Modalités de réalisation de la prescription :
- en DCI ;
- génériques ou pas ;
- substituable ou pas ;
- mention du RPPS.
Suivi des prescriptions mis en œuvre : intégré dans le système d'informations, audits de pratique, information du prescripteur élaborant la prescription de sortie sur les médicaments délivrés au patient au cours de l'hospitalisation...
Formation des prescripteurs y compris des internes.
Politique d'achat des médicaments mise en place : changement de molécules pour une même utilisation en cours d'année, choix des molécules adapté à la prescription externe.
Pour l'analyse des dépenses de médicaments :
Rappel : les dépenses liées à la rétrocession et à l'hépatite C ne font pas partie des objectifs fixés dans le cadre de la contractualisation CAQOS ; en revanche, pour l'année 2015, l'honoraire de dispensation par boîte est inclus dans le champ des dépenses analysées.
L'objectif est d'analyser si l'évolution des dépenses de pharmacie délivrées en ville est explicable par l'évolution de l'activité de l'établissement pour les spécialités concernées, et si l'établissement dispose d'une marge de manœuvre pour les faire diminuer.

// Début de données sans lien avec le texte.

-- ===== src/Keyring/Examples.antt =====
-- A keyring on a platform that meets what it relies on, of which scrypt pads the passphrase.
use copy_clipboard_app.Base.{
  ℕ, zero, suc, ◌≡◌, ◌≢◌, refl, ap, Text, codes, text_eq, text_eq_iff, Bool, true, false, Option,
  none, some, List, [], ◌∷◌, All, length, arith,
}
use copy_clipboard_app.Protocol.Types.{Bytes}
use copy_clipboard_app.Protocol.Result.{ok}
use copy_clipboard_app.Store.Examples.Codec.{Codec, nat, pair, through, option, list_of, bool}
use copy_clipboard_app.Keyring.Backend.{linux, probe_backend}
use copy_clipboard_app.Keyring.KeyFile.{
  KeyFile, KeyFileMode, ParsedKeys, fields_of, Crypto, IsCrypto, read_key_file, master_key_bytes,
}
use copy_clipboard_app.Keyring.Unlocking.{
  Disk, Keyring, Moment, complete, new_keyring, returned, get_or_create_master_key,
  unlock_with_passphrase, lock, rekey_after_corruption,
}
use copy_clipboard_app.Keyring.Calls.{KeyringCall, gets, unlocks, locks, restarts, gave, step, run}
use copy_clipboard_app.Keyring.OneKey.{one_key, Gives, IsCollisionFree}
use copy_clipboard_app.Keyring.Fits.{IsTidy}
use copy_clipboard_app.Keyring.Zeroed.{run-IsTidy}
use copy_clipboard_app.Keyring.Rekeyed.{rekey_after_corruption_lem, IsProtected}
use copy_clipboard_app.Keyring.Phrases.{unlock_with_passphrase_lem}

mode_of : Bool → KeyFileMode
mode_of true = KeyFileMode.os_keyring
mode_of false = KeyFileMode.passphrase

bool_of : KeyFileMode → Bool
bool_of KeyFileMode.os_keyring = true
bool_of KeyFileMode.passphrase = false

mode_of-bool_of : (m : KeyFileMode) → mode_of (bool_of m) ≡ m
unfolding mode_of bool_of
mode_of-bool_of KeyFileMode.os_keyring = refl
mode_of-bool_of KeyFileMode.passphrase = refl

optional : Codec (Option Text)
optional = option (list_of nat)

file : Codec KeyFile
file =
    through
      (λ (x : KeyFileMode × (Option Text × (Option Text × Option Text))). record {
        mode = x.0;
        salt = x.1.0;
        wrapped = x.1.1.0;
        verifier = x.1.1.1;
      })
      (λ f. (f.mode, (f.salt, (f.wrapped, f.verifier)))) (λ f. refl)
      (pair (through mode_of bool_of mode_of-bool_of bool) (pair optional (pair optional optional)))

abbrev parsed_toy : Option (KeyFile × List ℕ) → ParsedKeys
parsed_toy none = ParsedKeys.not_json
parsed_toy (some (f, rest)) = ParsedKeys.object (fields_of f)

padded : ℕ → Text → Bytes
padded zero t = []
padded (suc n) [] = 0 ∷ padded n []
padded (suc n) (c ∷ cs) = c ∷ padded n cs

length-padded : (n : ℕ) (t : Text) → length (padded n t) ≡ n
unfolding padded
length-padded zero t = refl
length-padded (suc n) [] = ap suc (length-padded n [])
length-padded (suc n) (c ∷ cs) = ap suc (length-padded n cs)

abbrev toy : Crypto
toy = record {
  encrypt_string = λ t. 7 ∷ t;
  decrypt_string = λ b. elim b [ [] ↦ none | x ∷ t ↦ some t ];
  scrypt = λ t salt. padded master_key_bytes t;
  hmac = λ key info. key;
  nfkc = λ t. t;
  to_base64 = λ b. b;
  from_base64 = λ t. t;
  stringify = λ f. file.print f;
  parse = λ t. parsed_toy (file.scan t);
}

toy-IsCrypto : IsCrypto toy
toy-IsCrypto = record {
  decrypted = λ t. refl;
  decoded = λ bytes. refl;
  derived = λ t salt. length-padded master_key_bytes t;
  parsed = λ f. ap parsed_toy (file.scan-print f (10 ∷ []));
}

toy-IsCollisionFree : IsCollisionFree toy
toy-IsCollisionFree k l n n' e = e

abbrev moment : Moment
moment = record {
  probe = record {
    is_encryption_available = true;
    selected_backend = some (codes "gnome_libsecret");
  };
  denied = false;
  random = λ n. padded n [];
  write = complete;
}

abbrev new_key : Bytes
new_key = padded master_key_bytes []

abbrev empty_disk : Disk
empty_disk = record { key_file = none; log = none; blobs = [] }

abbrev corrupt : Keyring
corrupt = new_keyring (record {
  key_file = some (codes "{");
  log = some (codes "one\ntwo\nthr");
  blobs = (codes "a", codes "b") ∷ [];
})

abbrev calls : List KeyringCall
calls = locks ∷ unlocks moment (codes "correct horse") ∷ gets moment ∷ restarts ∷ gets moment ∷ []

first_key : (step toy linux (gets moment) (new_keyring empty_disk)).0 ≡ gave (returned (ok new_key))
unfolding step get_or_create_master_key read_key_file probe_backend text_eq
first_key = refl

one_key_example :
    All
      (Gives new_key)
      (run toy linux calls (step toy linux (gets moment) (new_keyring empty_disk)).1).0
one_key_example =
    one_key toy toy-IsCrypto toy-IsCollisionFree linux (gets moment) new_key
      (new_keyring empty_disk) refl first_key calls (tt, (tt, (tt, (tt, (tt, tt)))))

abbrev tidy_calls : List KeyringCall
tidy_calls = gets moment ∷ locks ∷ unlocks moment (codes "short") ∷ []

run-IsTidy_example : IsTidy (run toy linux tidy_calls (new_keyring empty_disk)).1
unfolding run step get_or_create_master_key read_key_file probe_backend text_eq lock
    unlock_with_passphrase
run-IsTidy_example =
    run-IsTidy toy linux tidy_calls (new_keyring empty_disk) (tt, tt) (tt, (tt, (tt, tt)))

is_protected : IsProtected toy toy-IsCrypto linux moment
unfolding probe_backend text_eq
is_protected = refl

rekey_after_corruption_lem_example :
    (rekey_after_corruption toy linux moment corrupt).0 ≡ returned (ok 2)
rekey_after_corruption_lem_example =
    (rekey_after_corruption_lem toy toy-IsCrypto linux moment moment corrupt is_protected
      is_protected refl refl refl (length-padded master_key_bytes [])).0

abbrev right : Text
right = codes "correct horse"

abbrev wrong : Text
wrong = codes "battery staple"

differs : (a b : Text) → text_eq a b ≡ false → a ≢ b
differs a b h = ground (arith, text_eq_iff a b, h)

unlock_with_passphrase_lem_example :
    (let r = unlock_with_passphrase toy moment right (new_keyring empty_disk) in
      unlock_with_passphrase toy moment right (lock r.1)).0
    ≡ returned (ok (padded master_key_bytes right))
unfolding text_eq padded
unlock_with_passphrase_lem_example =
    (unlock_with_passphrase_lem toy toy-IsCrypto toy-IsCollisionFree moment moment right wrong
      (new_keyring empty_disk) refl refl refl refl refl (differs _ _ refl)).2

Examiner les classes de produits, les montants et les taux d'évolution, affiner l'analyse par molécule (DCI) ou par produits ;
Rapprocher les résultats de l'établissement avec l'impact de la politique du médicament :
- baisses de prix de certains produits ;
- évolution du répertoire des groupes génériques et commercialisation de biosimilaires (entrées et sorties de N et N - 1) ;
- évolution de la liste des produits à prescription hospitalière restreinte ou initiale (entrées et sorties de N et N - 1) ;
- évolution de la liste des médicaments délivrables en officine, ou en double circuit.
Analyser le taux de prescription de médicaments dans le répertoire des groupes génériques.
Identifier l'existence de référentiels de prescription.
Comparer l'évolution de l'activité de l'établissement dans les spécialités ou disciplines pouvant correspondre aux classes ou molécules analysées.
Afin d'alimenter cette analyse, l'ARS conjointement avec l'organisme local d'assurance maladie pourra fournir les données suivantes :
- le profil de l'établissement établi par la CNAMTS ;
- la liste des codes CIP des produits composant chacune des classes ;
- des indicateurs de comparaison entre établissements pour les prescriptions de certains produits ;
- l'état de la démographie médicale libérale dans la zone de recrutement de l'établissement.
De son côté, l'établissement pourra apporter toutes les informations qu'il jugera utiles telles que :
- les données d'activité par discipline ou spécialités ;
- les informations relatives aux recrutements récents de praticiens hospitaliers pouvant expliquer certaines évolutions ;
- les informations données aux internes et aux externes quant aux bonnes pratiques de prescription ;
- l'évolution du recrutement des patients ;
- les résultats d'audits internes qui ont pu être effectués sur des prescriptions et permettant de garantir le respect des recommandations de pratique au sein de l'établissement.
Pour l'analyse des dépenses de LPP :
Les éléments permettant l'analyse des dépenses de LPP sont principalement identiques à ceux indiqués précédemment pour l'analyse des dépenses de médicaments.
L'impact des évolutions nationales pourra être établi à partir des évolutions suivantes relatives :
- aux tarifs de remboursement ;
- aux conditions de prescription ;
- aux inscriptions à la LPP.
De même, l'analyse tiendra compte de :
- l'existence de règles de prescription de la LPP ;
- l'existence de règles de facturation et leur respect.